U.S. Policy Response:
- With the U.S. Congress now back in session and starting to work on a new economic support bill to repair the damage from the virus crisis, President Trump and Republican leaders met yesterday to hash out their initial negotiating position. Treasury Secretary Mnuchin said the White House favors a new package of $1 trillion in supplemental aid. However, he said the administration does not want to see enhanced unemployment benefits continue at their current level of $600 per week. Senate Republicans are expected to formally release their proposed bill later this week.
Financial Market Response:
- Despite the good news on a potential vaccine and a slowing in U.S. infections, which might be assumed to take the wind out of safe-haven precious metals, gold and silver prices continue to trend upward, with silver hitting a multi-year high yesterday. Our research shows precious metals tend to move along with the gross size of the federal budget deficit, so today’s loose monetary and fiscal policy are likely to keep pushing gold and silver higher for the foreseeable future.
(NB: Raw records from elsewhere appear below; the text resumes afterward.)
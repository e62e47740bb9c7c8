-- ===== src/Net/Timer/Expire.antt =====
-- The timer process of xinu/ipnet/common/tcp_timer.c over the times at which timers go off.
use xinu_swd.Prelude.{
  ℕ, ◌+◌, ◌-◌, ◌≤◌, ◌<◌, ◌≡◌, refl, sym, ap, ◌∙◌, inl, inr, true, false, Option, none, some, List,
  [], ◌∷◌, ◌++◌, length, length-append, arith, if◌then◌else◌, if_true, if_false, ◌==◌, ==_iff, leb,
  ltb, Bool-cases, leb→le,
}
use mathlib.Core.Path.{subst}
use mathlib.Core.List.{append-nil, append_assoc}
use xinu_swd.Prelude.Int.{ℤ, pos, ◌+ℤ◌, ◌-ℤ◌, ◌<ℤ◌}
use xinu_swd.Net.Timer
use xinu_swd.Net.Timer.Schedule.{Alarm, alarm, alarms, alarms_from}
use xinu_swd.Net.Timer.Mail.{
  later, mail_for, leb_from, lt_of_leb, none_due, mail_here, mail_elsewhere, same_total,
}

-- The time that a round takes off: what has passed since the last one, or ten ticks when the clock went
-- back or more than a hundred have passed.
pub data IsElapsed (now lastrun : ℤ) : ℕ → Type 0 where
  on_time : (d : ℕ) → d ≤ 100 → now ≡ lastrun +ℤ pos d → IsElapsed now lastrun d
  set_back : now <ℤ lastrun → IsElapsed now lastrun 10
  too_late : lastrun +ℤ pos 100 <ℤ now → IsElapsed now lastrun 10

elapsed_lem : (now lastrun : ℤ) {d : ℕ} → IsElapsed now lastrun d → Timer.elapsed now lastrun ≡ d
unfolding Timer.elapsed ◌-ℤ◌ ◌+ℤ◌
elapsed_lem now lastrun (IsElapsed.on_time d b e) = ground arith
elapsed_lem now lastrun (IsElapsed.set_back b) = ground arith
elapsed_lem now lastrun (IsElapsed.too_late b) = ground arith

minus_zero : (d : ℕ) → d - 0 ≡ d
minus_zero d = omega arith

module _ (ptmaxcnt : ℕ → ℕ) where
  -- Each timer knows how many messages its port holds.
  abbrev pub AllLengths : List Timer.Tqent → Type 0
  AllLengths [] = Unit {0}
  AllLengths (tq ∷ tqs) = (tq.portlen ≡ ptmaxcnt tq.port) × AllLengths tqs

  -- What a round does with the ports, whose messages are `ports`, and with the alarms `l`. Either each
  -- port has room for the mail that is due, all of it is put there in order, and the other timers go
  -- off when they did; or some port has no room for its mail, and the round does not end.
  pub data RoundIs (delta : ℕ) (l : List Alarm) (ports : ℕ → List ℕ)
      : Option ((ℕ → List ℕ) × List Timer.Tqent) → Type 0 where
    ends :
        (ports' : ℕ → List ℕ) (tqs : List Timer.Tqent)
        → ((port : ℕ) → length (ports port) + length (mail_for port delta l) ≤ ptmaxcnt port)
        → ((port : ℕ) → ports' port ≡ ports port ++ mail_for port delta l)
        → alarms 0 tqs ≡ later delta l
        → RoundIs delta l ports (some (ports', tqs))
    waits :
        (port : ℕ)
        → ptmaxcnt port < length (ports port) + length (mail_for port delta l)
        → RoundIs delta l ports none

  -- The same mail in all, with some of it at the ports already.
  RoundIs-same :
      (delta : ℕ) (l rest : List Alarm) (ports ports₁ : ℕ → List ℕ)
      {r : Option ((ℕ → List ℕ) × List Timer.Tqent)}
      → ((port : ℕ) → ports₁ port ++ mail_for port delta rest ≡ ports port ++ mail_for port delta l)
      → later delta rest ≡ later delta l
      → RoundIs delta rest ports₁ r
      → RoundIs delta l ports r
  RoundIs-same delta l rest ports ports₁ same left (RoundIs.ends ports' tqs room mail off) =
      RoundIs.ends ports' tqs
        (λ port. subst (λ n. n ≤ ptmaxcnt port) (same_total _ _ _ _ (same port)) (room port))
        (λ port. mail port ∙ same port) (off ∙ left)
  RoundIs-same delta l rest ports ports₁ same left (RoundIs.waits port full) =
      RoundIs.waits port (subst (λ n. ptmaxcnt port < n) (same_total _ _ _ _ (same port)) full)

  -- The ports with one message more at one of them.
  abbrev posted : ℕ → ℕ → (ℕ → List ℕ) → ℕ → List ℕ
  posted port msg ports i = if i == port then ports i ++ msg ∷ [] else ports i

  posted-mail :
      (delta : ℕ) (a : Alarm) (rest : List Alarm) (ports : ℕ → List ℕ) (port : ℕ)
      → leb a.at delta ≡ true
      → posted a.port a.msg ports port ++ mail_for port delta rest
        ≡ ports port ++ mail_for port delta (a ∷ rest)
  posted-mail delta a rest ports port due = elim (Bool-cases (port == a.port)) [
    | inl e ↦
        ap (λ l. l ++ mail_for port delta rest) (if_true e (ports port ++ a.msg ∷ []) (ports port))
        ∙ (append_assoc (ports port) (a.msg ∷ []) (mail_for port delta rest)
            ∙ ap (λ l. ports port ++ l) (sym (mail_here port delta a rest due e)))
    | inr e ↦
        ap (λ l. l ++ mail_for port delta rest) (if_false e (ports port ++ a.msg ∷ []) (ports port))
        ∙ ap (λ l. ports port ++ l) (sym (mail_elsewhere port delta a rest due e))
  ]

  posted-fits :
      (port msg : ℕ) (ports : ℕ → List ℕ)
      → length (ports port) < ptmaxcnt port
      → ((i : ℕ) → length (ports i) ≤ ptmaxcnt i)
      → (i : ℕ) → length (posted port msg ports i) ≤ ptmaxcnt i
  posted-fits port msg ports room fits i = elim (Bool-cases (i == port)) [
    | inl e ↦
        let same : port ≡ i = sym ((==_iff i port).0 e) in
        let room' : length (ports i) < ptmaxcnt i =
          subst (λ j. length (ports j) < ptmaxcnt j) same room in
        let count =
          ap length (if_true e (ports i ++ msg ∷ []) (ports i))
          ∙ length-append (ports i) (msg ∷ []) in
        omega (arith, count)
    | inr e ↦
        subst (λ l. length l ≤ ptmaxcnt i) (sym (if_false e (ports i ++ msg ∷ []) (ports i)))
          (fits i)
  ]

  -- `deliver` to a port, of whose length the timer knows.
  deliver_lem :
      (port portlen msg : ℕ) (ports : ℕ → List ℕ)
      → portlen ≡ ptmaxcnt port
      → length (ports port) ≤ ptmaxcnt port
      → Timer.deliver ptmaxcnt port portlen msg ports
        ≡ (if ltb (length (ports port)) (ptmaxcnt port) then some (posted port msg ports) else none)
  unfolding Timer.deliver Timer.post
  deliver_lem port portlen msg ports e fits =
      if_true (ground arith)
        (if ltb (length (ports port)) (ptmaxcnt port) then some (posted port msg ports) else none)
        (some ports)

  -- A timer whose time has come.
  RoundIs-due :
      (delta : ℕ) (a : Alarm) (rest : List Alarm) (ports : ℕ → List ℕ)
      {r : Option ((ℕ → List ℕ) × List Timer.Tqent)}
      → leb a.at delta ≡ true
      → RoundIs delta rest (posted a.port a.msg ports) r
      → RoundIs delta (a ∷ rest) ports r
  RoundIs-due delta a rest ports due ro =
      RoundIs-same delta (a ∷ rest) rest ports (posted a.port a.msg ports)
        (λ port. posted-mail delta a rest ports port due)
        (sym (if_true due (later delta rest) (record a { at = a.at - delta } ∷ later delta rest)))
        ro

  -- One whose port is full.
  RoundIs-full :
      (delta : ℕ) (a : Alarm) (rest : List Alarm) (ports : ℕ → List ℕ)
      → leb a.at delta ≡ true
      → ltb (length (ports a.port)) (ptmaxcnt a.port) ≡ false
      → RoundIs delta (a ∷ rest) ports none
  RoundIs-full delta a rest ports due full =
      let here : length (mail_for a.port delta (a ∷ rest))
          ≡ length (mail_for a.port delta rest) + 1 =
        ap length (mail_here a.port delta a rest due (ground arith)) ∙ omega arith in
      RoundIs.waits a.port (ground (arith, here))

  -- One whose time has not come, and so those behind it.
  RoundIs-early :
      (delta start : ℕ) (tq : Timer.Tqent) (tqs : List Timer.Tqent) (ports : ℕ → List ℕ)
      → start ≤ delta
      → leb tq.timeleft (delta - start) ≡ false
      → ((i : ℕ) → length (ports i) ≤ ptmaxcnt i)
      → RoundIs delta
          (alarms start (tq ∷ tqs))
          ports
          (some (ports, record tq { timeleft = tq.timeleft - (delta - start) } ∷ tqs))
  RoundIs-early delta start tq tqs ports h early fits =
      let first : leb (start + tq.timeleft) delta ≡ false =
        leb_from delta start tq.timeleft h ∙ early in
      let behind =
        none_due delta (start + tq.timeleft) tqs (lt_of_leb delta start tq.timeleft h early) in
      let a = alarm (start + tq.timeleft) tq in
      let rest = alarms (start + tq.timeleft) tqs in
      let none_here : (port : ℕ) → mail_for port delta (a ∷ rest) ≡ [] = λ port.
        if_false first
          (if port == tq.port then tq.msg ∷ mail_for port delta rest else mail_for port delta rest)
          (mail_for port delta rest)
        ∙ behind.0 port in
      RoundIs.ends ports (record tq { timeleft = tq.timeleft - (delta - start) } ∷ tqs)
        (λ port.
          let empty = ap length (none_here port) in
          let here = fits port in omega (arith, empty, here))
        (λ port. sym (ap (λ l. ports port ++ l) (none_here port) ∙ append-nil (ports port)))
        (rw first (
          ap (alarms_from tq tqs) (omega (arith, h))
          ∙ sym (ap (λ l. alarm (start + tq.timeleft - delta) tq ∷ l) behind.1)))

  expire_lem :
      (delta start : ℕ) (tqs : List Timer.Tqent) (ports : ℕ → List ℕ)
      → start ≤ delta
      → AllLengths tqs
      → ((i : ℕ) → length (ports i) ≤ ptmaxcnt i)
      → RoundIs delta (alarms start tqs) ports (Timer.expire ptmaxcnt (delta - start) ports tqs)
  unfolding Timer.expire
  expire_lem delta start [] ports h lens fits =
      RoundIs.ends ports [] (λ port. let here = fits port in omega (arith, here))
        (λ port. sym (append-nil (ports port))) refl
  expire_lem delta start (tq ∷ tqs) ports h lens fits =
      let m = delta - start in
      let P : Option ((ℕ → List ℕ) × List Timer.Tqent) → Type 0 =
        λ r. RoundIs delta (alarms start (tq ∷ tqs)) ports r in
      let go : Option (ℕ → List ℕ) → Option ((ℕ → List ℕ) × List Timer.Tqent) = λ d. elim d [
        | none ↦ none
        | some ports' ↦ Timer.expire ptmaxcnt (m - tq.timeleft) ports' tqs
      ] in
      let handed = go (Timer.deliver ptmaxcnt tq.port tq.portlen tq.msg ports) in
      let kept : Option ((ℕ → List ℕ) × List Timer.Tqent) =
        some (ports, record tq { timeleft = tq.timeleft - m } ∷ tqs) in
      let next = posted tq.port tq.msg ports in
      let room = ltb (length (ports tq.port)) (ptmaxcnt tq.port) in
      let d = deliver_lem tq.port tq.portlen tq.msg ports lens.0 (fits tq.port) in
      elim (Bool-cases (leb tq.timeleft m)) [
        | inr early ↦
            subst P (sym (if_false early handed kept))
              (RoundIs-early delta start tq tqs ports h early fits)
        | inl e ↦
            let due : leb (start + tq.timeleft) delta ≡ true =
              leb_from delta start tq.timeleft h ∙ e in
            subst P (sym (if_true e handed kept ∙ ap go d)) (elim (Bool-cases room) [
              | inl r ↦ subst P (sym (ap go (if_true r (some next) none))) (
                  RoundIs-due delta (alarm (start + tq.timeleft) tq)
                    (alarms (start + tq.timeleft) tqs) ports due
                    (subst
                      (λ n.
                        RoundIs delta (alarms (start + tq.timeleft) tqs) next
                          (Timer.expire ptmaxcnt n next tqs))
                      (omega (arith, h))
                      (expire_lem delta (start + tq.timeleft) tqs next (leb→le _ _ due) lens.1
                        (posted-fits tq.port tq.msg ports (ground (arith, r)) fits))))
              | inr r ↦ subst P (sym (ap go (if_false r (some next) none))) (
                  RoundIs-full delta (alarm (start + tq.timeleft) tq)
                    (alarms (start + tq.timeleft) tqs) ports due r)
            ])
      ]

  -- For timers that know the lengths of their ports, none of which holds more than that, and a
  -- round that takes off `d`: either each port has room for the messages of its timers whose time
  -- has come, the round puts all of them there in order, and the other timers go off when they did;
  -- or some port has no room for its messages, and the round waits.
  pub timer_round-RoundIs :
      (now lastrun : ℤ) (d : ℕ) (ports : ℕ → List ℕ) (tqs : List Timer.Tqent)
      → IsElapsed now lastrun d
      → AllLengths tqs
      → ((i : ℕ) → length (ports i) ≤ ptmaxcnt i)
      → RoundIs d (alarms 0 tqs) ports (Timer.timer_round ptmaxcnt now lastrun ports tqs)
  unfolding Timer.timer_round
  timer_round-RoundIs now lastrun d ports tqs el lens fits =
      subst (λ n. RoundIs d (alarms 0 tqs) ports (Timer.expire ptmaxcnt n ports tqs))
        (minus_zero d ∙ sym (elapsed_lem now lastrun el))
        (expire_lem d 0 tqs ports (omega arith) lens fits)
United Kingdom-Russia: A long-awaited parliamentary report into Russian interference in British politics has concluded that Moscow’s influence is “the new normal,” with senior figures linked to the Kremlin enjoying access to top business and political leaders.
Russia: To diffuse the massive anti-government protests that have broken out in Russia’s far eastern region of Khabarovsk after the arrest of its popular governor, President Putin has chosen a politician from Russia’s tightly controlled “systemic opposition” to take over the position. The new governor will be Mikhail Degtyarev, a 39-year-old lawmaker from the nationalist Liberal Democratic Party.
Egypt-Turkey: The Egyptian parliament has approved deploying troops to Libya in order to prevent the UN-recognized Government of National Accord from advancing eastward and capturing the strategic port of Sirte, a gateway to Libya’s oil installations. Such a deployment would raise the stakes in Libya’s proxy civil war by increasing the potential for direct clashes between Egypt and Turkey.